### WHAT IS REQUIRED
Where the records below show a line containing "All = Any K T site.prefix jti", start copying; end with the line containing "is_live-Gone n d g = rw (g n) refl", and copy it too.
┌────────
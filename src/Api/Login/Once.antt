-- ===== src/Api/Login/Once.antt =====
-- src/api/AuthController.hpp: a refresh token that was exchanged is refused.
use tarassov_me.Prelude.{
  ℕ, ◌≡◌, ◌≢◌, refl, sym, subst, Bool, true, false, [], ◌∷◌, ◌++◌, Option, none, some, Str, codes,
  str_eq, str_eq_iff, is_empty, Bool-cases, inl, inr,
}
use tarassov_me.Prelude.Int.{ℤ}
use tarassov_me.External.Json.{JsonLib}
use tarassov_me.External.Signing.{Signing}
use tarassov_me.External.KeyValue.{KeyValue}
use tarassov_me.External.Sets.{Sets}
use tarassov_me.External.Remote.{
  M, Result, ok, err, World, bad_json, clock, query, pure, raise, ◌>>=◌, catching,
}
use tarassov_me.External.Remote.Calm.{
  at_rest, Post, Calmly, Calmly-pure, Calmly-catching, Calmly-or_raise, Calmly-if, Calmly-bind,
}
use tarassov_me.Security.Jwt.{Verdict, valid, refused, thrown, verify_hs256_jwt}
use tarassov_me.Cache.{get, check_initialized}
use tarassov_me.Security.Sessions.{jti_key, is_live}
use tarassov_me.Security.Auth.{extract_refresh_token}
use tarassov_me.Api.Login.{
  User, Session, Reply, unauthorized, signed_in, session, Setup, revoke, secret, value_or_empty,
  mint_session, keep_session, or_unavailable, presented, rotate, if_live, refresh_with, refresh,
  revoke_refresh, revoke_claims, revoke_text,
}
use tarassov_me.Api.Login.Rotation.{Gone, Any, Calmly-get, Calmly-revoke, Calmly-record}

append-cancel : (p a b : Str) → p ++ a ≡ p ++ b → a ≡ b
append-cancel [] a b e = e
append-cancel (c ∷ p) a b e = append-cancel p a b (cc)

module _ {J : JsonLib} (S : Signing J) {K : KeyValue} (T : Sets K) (site : Setup J K)
    (jti : Str) where
  abbrev Spent : Reply → K.Db → Type 0
  Spent (signed_in u s) d = Gone K T site.prefix jti d
  Spent _ d = Unit

  Spent-Gone : (a : Reply) (d : K.Db) → Gone K T site.prefix jti d → Spent a d
  Spent-Gone (signed_in u s) d p = p
  Spent-Gone _ d p = tt

  keys_apart :
      (next : Str)
      → next ≢ jti
      → str_eq (jti_key site.prefix next) (jti_key site.prefix jti) ≡ false
  unfolding jti_key
  keys_apart next other = elim (Bool-cases (str_eq (site.prefix ++ next) (site.prefix ++ jti))) [
    | inl e ↦ absurd (other (append-cancel site.prefix next jti ((str_eq_iff _ _).0 e)))
    | inr e ↦ e
  ]

  abbrev Left : K.Db → Type 0
  Left = Gone K T site.prefix jti

  abbrev All : K.Db → Type 0
  All = Any K T site.prefix jti

  Spent-refused : (code : Str) (d : K.Db) → Spent (unauthorized code) d
  Spent-refused code d = tt

  Post-any :
      {A : Type 0} (Q : A → K.Db → Type 0) (n : ℕ) (r : Result A × World K.Db)
      → Post All n Q r
      → Post All n (λ _. All) r
  Post-any Q n (ok a, w) (rest, q) = (rest, tt)
  Post-any Q n (err e, w) (rest, q) = (rest, tt)

  Calmly-any :
      {A : Type 0} {n : ℕ} {Q : A → K.Db → Type 0} (m : M K.Db A)
      → Calmly All n All Q m
      → Calmly All n All (λ _. All) m
  Calmly-any {n = n} {Q = Q} m h = record { at = λ d p. Post-any Q n (m (at_rest d n)) (h.at d p) }

  Calmly-raise : {n : ℕ} → Calmly All n All (λ _. All) (raise {A = Unit {0}} bad_json)
  unfolding raise
  Calmly-raise = record { at = λ d p. (refl, tt) }

  signed_in-Gone :
      (n : ℕ) (r : Result Reply × World K.Db) (u : User) (s : Session)
      → Post All n Spent r
      → r.0 ≡ ok (signed_in u s)
      → Gone K T site.prefix jti r.1.db
  signed_in-Gone n (ok (signed_in v t), w) u s (rest, q) e = q
  signed_in-Gone n (ok _, w) u s p e = cc
  signed_in-Gone n (err f, w) u s p e = cc

  is_live-Gone :
      (n : ℕ) (d : K.Db)
      → Gone K T site.prefix jti d
      → (is_live site.prefix K T true jti (at_rest d n)) ≡ (ok false, at_rest d n)
  unfolding is_live get check_initialized catching ◌>>=◌ clock query pure
  is_live-Gone n d g = rw (g n) refl

  module _ (up : site.cache_up ≡ true) (n : ℕ) where
    revoked : (P : K.Db → Type 0) → Calmly All n P (λ _. Left) (revoke S T site jti)
    revoked P = rw up (Calmly-revoke K T site.prefix jti n All P)

    Calmly-revoke_text : (o : Option Str) → Calmly All n All (λ _. All) (revoke_text S T site o)
    Calmly-revoke_text none = Calmly-raise
    Calmly-revoke_text (some other) =
        Calmly-if All (λ _. All) (is_empty other) _ _ (Calmly-pure All _ tt (λ d p. tt))
          (Calmly-any {Q = λ _. Gone K T site.prefix other} _
            (rw up (Calmly-revoke K T site.prefix other n All All)))

    Calmly-revoke_claims :
        (v : Verdict J.Json) → Calmly All n All (λ _. All) (revoke_claims S T site v)
    Calmly-revoke_claims (refused e) = Calmly-pure All _ tt (λ d p. tt)
    Calmly-revoke_claims thrown = Calmly-raise
    Calmly-revoke_claims (valid claims) =
        Calmly-revoke_text (value_or_empty S T site (J.find (codes "jti") claims))

    Calmly-revoke_refresh :
        (token : Str) → Calmly All n All (λ _. All) (revoke_refresh S T site token)
    unfolding revoke_refresh
    Calmly-revoke_refresh token =
        Calmly-revoke_claims (verify_hs256_jwt J S token (secret S T site))

    Calmly-is_live : Calmly All n All (λ _. All) (is_live site.prefix K T site.cache_up jti)
    unfolding is_live
    Calmly-is_live = rw up (
        Calmly-catching All All All (λ _. All) _ _
          (Calmly-bind All (λ _. All) (λ _. All) _ _
            (Calmly-get K T site.prefix jti n All All (jti_key site.prefix jti))
            λ v. Calmly-pure All _ _ (λ d p. tt))
          (Calmly-pure All _ false (λ d p. tt)))

  module _ (up : site.cache_up ≡ true) (n : ℕ) (next : Str) (other : next ≢ jti) where
    Calmly-keep :
        (u : User) (s : Session) → Calmly All n Left (λ _. Left) (keep_session S T site u next s)
    Calmly-keep u s = rw up (
        Calmly-bind Left (λ _. Left) (λ _. Left) _ _
          (Calmly-record K T site.prefix jti next (keys_apart next other) n
            (Any K T site.prefix jti) u.id site.refresh_ttl)
          λ stored. Calmly-pure Left _ _ (λ d p. p))

    Calmly-mint :
        (u : User) (now : ℤ) → Calmly All n Left (λ _. Left) (mint_session S T site u now next)
    unfolding mint_session
    Calmly-mint u now =
        Calmly-if Left (λ _. Left) _ _ _ (Calmly-pure Left _ none (λ d p. p))
          (Calmly-bind Left (λ _. Left) (λ _. Left) _ _
            (Calmly-or_raise Left _ bad_json (λ d p. tt))
            λ access.
              Calmly-bind Left (λ _. Left) (λ _. Left) _ _
                (Calmly-or_raise Left _ bad_json (λ d p. tt))
                λ made. Calmly-keep u (record { access = access; refresh = made }))

    Calmly-rotate :
        (token : Str) (user : Option User) (now : ℤ)
        → Calmly All n All Spent (rotate S T site token jti user now next)
    Calmly-rotate token none now =
        Calmly-bind All (λ _. All) Spent _ _ (Calmly-revoke_refresh up n token)
          λ _. Calmly-pure All _ _ (λ d p. tt)
    Calmly-rotate token (some user) now =
        Calmly-bind All (λ _. Left) Spent _ _ (revoked up n All)
          λ _.
            Calmly-bind Left (λ _. Left) Spent _ _ (Calmly-mint user now)
              λ o. Calmly-pure Left _ _ (λ d p. Spent-Gone (or_unavailable S T site user o) d p)

    Calmly-live :
        (find : Str → Option (Option User)) (token sub : Str) (now : ℤ) (live : Bool)
        → Calmly All n All Spent (if_live S T site find token sub jti now next live)
    Calmly-live find token sub now live =
        Calmly-if All Spent _ _ _ (Calmly-pure All _ _ (λ d p. tt)) (
          Calmly-bind All (λ _. All) Spent _ _ (Calmly-or_raise All _ bad_json (λ d p. tt))
            λ user. Calmly-rotate token user now)

    Calmly-session :
        (find : Str → Option (Option User)) (token sub : Str) (now : ℤ)
        → Calmly All n All Spent (refresh_with S T site find now next token (session sub jti))
    Calmly-session find token sub now =
        Calmly-bind All (λ _. All) Spent _ _ (Calmly-is_live up n)
          λ live. Calmly-live find token sub now live

  refused_again :
      (find : Str → Option (Option User)) (token sub next : Str) (now : ℤ) (n : ℕ) (d : K.Db)
      → site.cache_up ≡ true
      → Gone K T site.prefix jti d
      → (refresh_with S T site find now next token (session sub jti) (at_rest d n)).0
        ≡ ok (unauthorized (codes "revoked"))
  unfolding ◌>>=◌ pure
  refused_again find token sub next now n d up g = rw (up, is_live-Gone n d g) refl

  exchanged :
      (find later : Str → Option (Option User)) (now after : ℤ) (next another token sub : Str)
      (n m : ℕ) (d : K.Db) (u : User) (s : Session)
      → site.cache_up ≡ true
      → next ≢ jti
      → (refresh_with S T site find now next token (session sub jti) (at_rest d n)).0
        ≡ ok (signed_in u s)
      → (refresh_with S T site later after another token (session sub jti) (
          at_rest
            (refresh_with S T site find now next token (session sub jti) (at_rest d n)).1.db
            m)).0
        ≡ ok (unauthorized (codes "revoked"))
  exchanged find later now after next another token sub n m d u s up other e =
      refused_again later token sub another after m _ up
        (signed_in-Gone n _ u s ((Calmly-session up n next other find token sub now).at d tt) e)

-- Where the cache is in use and Redis answers, a refresh token that was exchanged for a new session
-- is refused as revoked when it is presented again, at any later time, if the random id of the new
-- session is not that of the old one.
pub refresh_once :
    {J : JsonLib} (S : Signing J) {K : KeyValue} (T : Sets K) (site : Setup J K)
    (find later : Str → Option (Option User)) (now after : ℤ) (next another sub jti : Str)
    (cookie : Str → Str) (n m : ℕ) (d : K.Db) (u : User) (s : Session)
    → site.cache_up ≡ true
    → presented S T site (extract_refresh_token site.config.cookies cookie) ≡ session sub jti
    → next ≢ jti
    → (refresh S T site find now next cookie (at_rest d n)).0 ≡ ok (signed_in u s)
    → (refresh S T site later after another cookie
        (at_rest (refresh S T site find now next cookie (at_rest d n)).1.db m)).0
      ≡ ok (unauthorized (codes "revoked"))
unfolding refresh
refresh_once S T site find later now after next another sub jti cookie n m d u s up p other e =
    let token = extract_refresh_token site.config.cookies cookie in
    subst
      (λ q.
        (refresh_with S T site find now next token q (at_rest d n)).0 ≡ ok (signed_in u s)
        → (refresh_with S T site later after another token q
            (at_rest (refresh_with S T site find now next token q (at_rest d n)).1.db m)).0
          ≡ ok (unauthorized (codes "revoked")))
      (sym p)
      (exchanged S T site jti find later now after next another token sub n m d u s up other) e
└────────
### WRITTEN ANSWER
  All = Any K T site.prefix jti

  Spent-refused : (code : Str) (d : K.Db) → Spent (unauthorized code) d
  Spent-refused code d = tt

  Post-any :
      {A : Type 0} (Q : A → K.Db → Type 0) (n : ℕ) (r : Result A × World K.Db)
      → Post All n Q r
      → Post All n (λ _. All) r
  Post-any Q n (ok a, w) (rest, q) = (rest, tt)
  Post-any Q n (err e, w) (rest, q) = (rest, tt)

  Calmly-any :
      {A : Type 0} {n : ℕ} {Q : A → K.Db → Type 0} (m : M K.Db A)
      → Calmly All n All Q m
      → Calmly All n All (λ _. All) m
  Calmly-any {n = n} {Q = Q} m h = record { at = λ d p. Post-any Q n (m (at_rest d n)) (h.at d p) }

  Calmly-raise : {n : ℕ} → Calmly All n All (λ _. All) (raise {A = Unit {0}} bad_json)
  unfolding raise
  Calmly-raise = record { at = λ d p. (refl, tt) }

  signed_in-Gone :
      (n : ℕ) (r : Result Reply × World K.Db) (u : User) (s : Session)
      → Post All n Spent r
      → r.0 ≡ ok (signed_in u s)
      → Gone K T site.prefix jti r.1.db
  signed_in-Gone n (ok (signed_in v t), w) u s (rest, q) e = q
  signed_in-Gone n (ok _, w) u s p e = cc
  signed_in-Gone n (err f, w) u s p e = cc

  is_live-Gone :
      (n : ℕ) (d : K.Db)
      → Gone K T site.prefix jti d
      → (is_live site.prefix K T true jti (at_rest d n)) ≡ (ok false, at_rest d n)
  unfolding is_live get check_initialized catching ◌>>=◌ clock query pure
  is_live-Gone n d g = rw (g n) refl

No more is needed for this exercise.